╔══
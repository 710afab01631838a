-- ===== src/Blob/Writer/File.antt =====
-- The file that BlobWriter::WriteAll leaves.
use gemma_cpp.Base.{
  get_elem?-inside, get_elem?-some, ◌-◌, ℕ, ◌+◌, ◌^◌, ◌≤◌, ◌<◌, ◌≡◌, refl, arith, Bool, true, false,
  ok, List, ◌∷◌, ◌∙◌, ap, none, some, ◌⊎◌, inl, inr, dec_lt, ==_self, if◌then◌else◌, subst, length,
  Bool-cases, lt→ltb, ge→ltb,
}
use gemma_cpp.Base.Block.{Block}
use gemma_cpp.Blob.{BlobIo}
use gemma_cpp.Blob.Io.{Calls, Pwrites, Progresses, Memory}
use gemma_cpp.Blob.Store.{RoundsUp, Allocator, align, header_size, prepare_write_requests}
use gemma_cpp.Blob.Store.Layout.{KeysFit, SizesFit, padded_total}
use gemma_cpp.Blob.Store.Written.{header_request, prepare_write_requests-IsHeader}
use gemma_cpp.Blob.Writer.{BlobWriter, Runs, at_write, write_tasks, empty_file, write_all}
use gemma_cpp.Blob.Writer.Image.{BackToBack, Covers, Plan-Covers, file_image, BackToBack-covers}
use gemma_cpp.Blob.Writer.Tasks.{Ended, write_tasks-Ended}

-- The file has this size, and these bytes.
pub record IsImage (size : ℕ) (image : ℕ → ℕ) (f : Block) : Type 0 where
  pub size_lem : f.size ≡ size
  pub byte_lem : (q : ℕ) → q < size → f.byte q ≡ image q

module _ (calls : ℕ → Calls) (writes : (i : ℕ) → Pwrites (calls i)) (memory : Memory)
    (image : ℕ → ℕ) (end : ℕ) (fits : end < 2 ^ 64) (requests : List BlobIo)
    (covers : Covers memory image 0 end 0 requests end) (order : List ℕ)
    (runs : Runs (length requests) order) where
  -- All tasks have run; without an error every byte is right.
  tasks_of :
      (err : Bool) × (f : Block) × Ended calls writes memory image end fits requests covers.1 order
        false err empty_file f
  tasks_of =
      write_tasks-Ended calls writes memory image end fits requests covers.1 order false empty_file
        (omega arith) (λ i m. get_elem?-inside requests i (runs.0 i m))

  Ended-IsImage :
      (f : Block)
      → Ended calls writes memory image end fits requests covers.1 order false false empty_file f
      → IsImage end image f
  Ended-IsImage f t = record {
    size_lem = elim (dec_lt 0 end) [
      | yes some_bytes ↦ omega (arith, t.size, (all (end - 1) (omega arith)).0)
      | no none_at_all ↦ omega (arith, t.size)
    ];
    byte_lem = λ q h. (all q h).1;
  }
    where
      all : (q : ℕ) → q < end → (q < f.size) × (f.byte q ≡ image q)
      all q h =
          let (i, r, e, l, u) = BackToBack-covers 0 end q requests covers.0 (omega arith) h in
          t.written refl i q r (runs.1 i (get_elem?-some requests i r e)) e (l, u)

module _ (round_up_to : ℕ → ℕ → ℕ) (rounds : RoundsUp round_up_to) (allocator : Allocator)
    (bytes : ℕ → ℕ) (freed : Block → ℕ → ℕ) (calls : ℕ → Calls) (memory : Memory) (order : List ℕ)
    (w : BlobWriter) where
  abbrev padded : ℕ
  padded = round_up_to (header_size (length w.keys)) align

  abbrev total : ℕ
  total = padded + padded_total round_up_to w.blobs

  abbrev image_of : Block → ℕ → ℕ
  image_of header = file_image round_up_to (at_write memory freed header) padded w.blobs

  write_all_run :
      (requests : List BlobIo) (header : Block) (err : Bool) (f : Block)
      → length w.keys ≡ length w.blobs
      → prepare_write_requests round_up_to allocator w.keys w.blobs ≡ ok (requests, header)
      → write_tasks calls (at_write memory freed header) requests order false empty_file
        ≡ ok (err, f)
      → write_all round_up_to allocator freed calls true memory order w
        ≡ ok (if err then 344 else 0, some f)
  unfolding write_all
  write_all_run requests header err f same e t = rw (same, ==_self (length w.blobs), e, t)

  write_all_unopened :
      (requests : List BlobIo) (header : Block)
      → length w.keys ≡ length w.blobs
      → prepare_write_requests round_up_to allocator w.keys w.blobs ≡ ok (requests, header)
      → write_all round_up_to allocator freed calls false memory order w ≡ ok (334, none)
  unfolding write_all
  write_all_unopened requests header same e = rw (same, ==_self (length w.blobs), e) refl

  module _ (same : length w.keys ≡ length w.blobs) (few : length w.keys < 2 ^ 20)
      (keys : KeysFit w.keys) (sizes : SizesFit w.blobs) (fits : total < 2 ^ 64)
      (allocated : allocator padded ≡ some bytes) (writes : (i : ℕ) → Pwrites (calls i))
      (requests : List BlobIo) (header : Block)
      (prepared : prepare_write_requests round_up_to allocator w.keys w.blobs
        ≡ ok (requests, header))
      (runs : Runs (length requests) order) where
    covers : Covers (at_write memory freed header) (image_of header) 0 total 0 requests total
    covers =
        let (m, rs, e, _, plan) =
          prepare_write_requests-IsHeader round_up_to rounds allocator bytes w.keys w.blobs
            allocated same few keys sizes fits in
        let same_requests : header_request padded ∷ rs ≡ requests = cc in
        let behind =
          Plan-Covers round_up_to rounds (at_write memory freed header) (λ q. refl)
            (image_of header) 0 total padded w.blobs rs plan sizes
            (λ q h. rw (ge→ltb q padded h) refl) (omega arith) (omega arith) in
        let r = rounds (header_size (length w.keys)) align (omega arith) (omega arith) in
        subst (λ l. Covers (at_write memory freed header) (image_of header) 0 total 0 l total)
          same_requests
          (
            (refl, subst (λ a. BackToBack a rs total) (omega arith) behind.0),
            (
              record {
                some_bytes = omega arith;
                above = omega arith;
                below = omega arith;
                bytes = λ k lt. rw (lt→ltb (0 + k) padded (omega arith)) refl;
              },
              behind.1,
            ),
          )

    tasks_run :
        (err : Bool) × (f : Block) × Ended calls writes
          (at_write memory freed header)
          (image_of header)
          total
          fits
          requests
          covers.1
          order
          false
          err
          empty_file
          f
    tasks_run =
        tasks_of calls writes (at_write memory freed header) (image_of header) total fits requests
          covers order runs

    -- For a writer with as many keys as blobs and fewer than 2 ^ 20 of them, which WriteAll asserts,
    -- with keys and sizes that fit in 64 bits and a total that does, memory for the header, a task for
    -- each request, and a pwrite that transfers no more than it is asked to: if the file cannot be
    -- opened, WriteAll returns 334 and writes nothing. If it is opened, it stops at no assertion and
    -- returns 0 or 344, whatever the order of the tasks and however much a call of pwrite transfers;
    -- if it returns 0, the file has the planned size, and holds what stood at the place of the freed
    -- header, and then the blobs at their offsets with zeros between them.
    pub write_all-IsImage :
        (write_all round_up_to allocator freed calls false memory order w ≡ ok (334, none))
        × (f : Block) × ((write_all round_up_to allocator freed calls true memory order w
              ≡ ok (344, some f))
            ⊎ ((write_all round_up_to allocator freed calls true memory order w ≡ ok (0, some f))
                × IsImage total (image_of header) f))
    write_all-IsImage =
        let (err, f, t) = tasks_run in
        let run = write_all_run requests header err f same prepared t.run in
        let unopened = write_all_unopened requests header same prepared in
        elim (Bool-cases err) [
          | inl failing ↦
              (unopened, f, inl (run ∙ ap (λ e. ok (if e then 344 else 0, some f)) failing))
          | inr fine ↦ (
            unopened,
            f,
            inr (
              run ∙ ap (λ e. ok (if e then 344 else 0, some f)) fine,
              Ended-IsImage calls writes (at_write memory freed header) (image_of header) total fits
                  requests covers order runs f
                  (subst
                    (λ e.
                      Ended calls writes (at_write memory freed header) (image_of header) total fits
                        requests covers.1 order false e empty_file f)
                    fine t),
            ),
          )
        ]

    -- Under the same conditions, with a file that is opened: if no call of pwrite fails or transfers
    -- nothing, WriteAll returns 0 and leaves a file with that size and these bytes.
    pub write_all_complete :
        (limit : ℕ)
        → ((i : ℕ) → Progresses (calls i) limit)
        → total ≤ limit
        → (f : Block) × (write_all round_up_to allocator freed calls true memory order w
            ≡ ok (0, some f))
          × IsImage total (image_of header) f
    write_all_complete limit go room =
        let (err, f, t) = tasks_run in
        let fine : err ≡ false = t.complete limit go room in
        (
          f,
          write_all_run requests header err f same prepared t.run
              ∙ ap (λ e. ok (if e then 344 else 0, some f)) fine,
          Ended-IsImage calls writes (at_write memory freed header) (image_of header) total fits
              requests covers order runs f
              (subst
                (λ e.
                  Ended calls writes (at_write memory freed header) (image_of header) total fits
                    requests covers.1 order false e empty_file f)
                fine t),
        )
╚══
REQUIRED ACTION —
Within the material above, please work out how many lines contain the word "nothing" and give that number by itself.

WRITTEN SOLUTION —
2